Known Limitations
Tools that assess as Tier 4–5
Perl wrappers, tools with no detectable CLI structure, and tools that require large proprietary databases (BLAST, Kraken2) typically assess as Tier 4 or 5. The tool reports the tier honestly and generates what it can; Tier 5 tools require manual module authoring.
TrimGalore is a representative example: it is a Perl wrapper around
cutadapt and FastQC with no Python AST to analyse. It correctly
assesses as Tier 5 and the tool stops with an explanation rather than
producing a misleading partial module. For these tools, use the
assessment output to understand what the tool found, then author the
module manually using nf-core modules create as a starting point.
Library-only tools (no CLI entry point)
Tools like decoupler and liana-py expose a Python API but no
command-line interface. These are not yet supported. code-to-module
works by analysing CLI structure — console_scripts entry points,
argparse/Click argument parsers, shell case statements — and cannot
generate a meaningful module for code that is designed to be called as
import foo; foo.run(...) rather than foo --input file --output dir.
Library-to-module support is planned — see the architecture doc for the proposed architecture. The intended approach is to generate a thin CLI wrapper script first, then feed that into the standard conversion pipeline.
Domain-specific test data
Formats not in nf-core/test-datasets (h5ad, pkl, mzML, Visium directories) fall back to stub mode.
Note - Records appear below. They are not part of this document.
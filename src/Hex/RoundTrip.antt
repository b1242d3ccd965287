-- ===== src/Hex/RoundTrip.antt =====
-- STR_FROM_BYTES stays within its block, and BYTES_FROM_STR reads back what it has written.
use zproto.Base.{
  ℕ, ◌+◌, ◌-◌, ◌*◌, ◌/◌, ◌%◌, ◌≤◌, ◌<◌, ◌≡◌, refl, ap, ◌∙◌, none, some, [], ◌∷◌, arith,
}
use zproto.Base.{◌⊎◌, false, ltb, ◌≢◌, length, All}
use zproto.CharArray.{Bytes, c_string, strlen}
use zproto.CharArray.Laws.{IsByte, IsText, c_string_text}
use zproto.Hex.{
  hex_digit, scan_hex, bytes, store_byte, parse_pairs, bytes_from_str, digit_char, print_bytes,
  str_from_bytes,
}

-- The characters that are printed.
pub hex : Bytes → Bytes
hex [] = []
hex (b ∷ mem) = digit_char (b / 16) ∷ digit_char (b % 16) ∷ hex mem

print_bytes-hex :
    (room : ℕ) (mem : Bytes) → 2 * length mem + 1 ≤ room → print_bytes room mem ≡ some (hex mem)
unfolding print_bytes hex
print_bytes-hex room [] h = refl
print_bytes-hex room (b ∷ mem) h = ground (arith, print_bytes-hex (room - 2) mem)

-- Where the printed digits stand among the characters.
digit_char-range :
    (v : ℕ)
    → v < 16
    → ((48 ≤ digit_char v) × (digit_char v < 58)) ⊎ ((97 ≤ digit_char v) × (digit_char v < 103))
unfolding digit_char
digit_char-range v h = ground arith

hex_digit-digit_char : (v : ℕ) → v < 16 → hex_digit (digit_char v) ≡ some v
unfolding hex_digit digit_char
hex_digit-digit_char v h = ground arith

scan_hex-digits :
    (high low : ℕ)
    → high < 16
    → low < 16
    → scan_hex (digit_char high) (digit_char low) ≡ some (high * 16 + low)
unfolding scan_hex
scan_hex-digits high low h l = ground (
  arith,
  digit_char-range high h,
  digit_char-range low l,
  hex_digit-digit_char high h,
  hex_digit-digit_char low l,
)

hex-IsText : (mem : Bytes) → All IsByte mem → IsText (hex mem)
unfolding hex
hex-IsText [] h = tt
hex-IsText (b ∷ mem) h =
    let high = digit_char-range (b / 16) (omega (arith, h.0)) in
    let low = digit_char-range (b % 16) (omega arith) in
    ((omega arith, omega arith), ((omega arith, omega arith), hex-IsText mem h.1))

length-hex : (mem : Bytes) → length (hex mem) ≡ 2 * length mem
unfolding hex
length-hex [] = refl
length-hex (b ∷ mem) = omega (arith, length-hex mem)

-- STR_FROM_BYTES prints every block.
pub str_from_bytes-hex : (mem : Bytes) → str_from_bytes mem ≡ some (hex mem)
unfolding str_from_bytes
str_from_bytes-hex mem = print_bytes-hex (2 * length mem + 1) mem (omega arith)

pub c_string-hex : (mem : Bytes) → All IsByte mem → c_string (hex mem) ≡ hex mem
c_string-hex mem h = c_string_text _ (hex-IsText mem h)

parse_pairs-hex : (mem : Bytes) → All IsByte mem → parse_pairs (hex mem) ≡ bytes mem
unfolding parse_pairs hex store_byte
parse_pairs-hex [] h = refl
parse_pairs-hex (b ∷ mem) h =
    let e : scan_hex (digit_char (b / 16)) (digit_char (b % 16)) ≡ some b =
      scan_hex-digits (b / 16) (b % 16) (omega (arith, h.0)) (omega arith)
      ∙ ap some (omega arith) in
    let byte : ltb 255 b ≡ false = ground (arith, h.0) in rw (e, byte, parse_pairs-hex mem h.1) refl

pub bytes_from_str-hex :
    (mem : Bytes) → All IsByte mem → bytes_from_str (some (hex mem)) ≡ bytes mem
unfolding bytes_from_str strlen
bytes_from_str-hex mem h =
    let even : length (hex mem) % 2 ≡ 0 = omega (arith, length-hex mem) in
    rw (c_string_text _ (hex-IsText mem h), even) (parse_pairs-hex mem h)

-- Every block of bytes: STR_FROM_BYTES does not write past the block that it allocates, and
-- BYTES_FROM_STR makes of the string the bytes that were there.
pub bytes_from_str-str_from_bytes :
    (mem : Bytes)
    → All IsByte mem
    → ((str_from_bytes mem) ≢ none) × (bytes_from_str (str_from_bytes mem) ≡ bytes mem)
bytes_from_str-str_from_bytes mem h =
    rw (str_from_bytes-hex mem) ((λ e. cc), bytes_from_str-hex mem h)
Real test data must be added manually and PRed to nf-core/test-datasets before submission.
Celltypist is a representative example: its inputs (.pkl model files
and .h5ad or .csv count matrices) are not in nf-core/test-datasets.
All input channels in tests/main.nf.test receive stub strategy, which
produces a syntactically valid test that passes lint and confirms channel
wiring — but it cannot test real data flow. The TODO comments in the
generated test file describe exactly what data would be needed.
LLM non-determinism
Running convert twice on the same tool may produce slightly different
channel names, output globs, or script arguments. This is expected
behaviour — always review the generated module before submitting.
The post-processing guards in infer.py enforce structural invariants
(meta as first input, no duplicate versions emit, no TODO placeholders)
but do not guarantee identical output across runs.
If two runs produce significantly different modules, the tool-specific
context is ambiguous and both outputs deserve manual review. Passing
--docs with the tool's documentation URL typically reduces variation
by giving the LLM more signal to work with.
Planned improvements
The following are known future directions. Contributions are welcome — see GitHub Issues for open items.
- Library-to-module: generate a CLI wrapper for library-only Python tools, then pipe the result through the standard conversion pipeline.
- Strategy 2c (test data from tool docs): if tool documentation links to example data files of appropriate size, use them directly rather than deriving from nf-core/test-datasets.
- Snakemake-to-Nextflow: convert Snakemake rules to nf-core module format, using the rule's input/output blocks to infer channel structure instead of CLI analysis.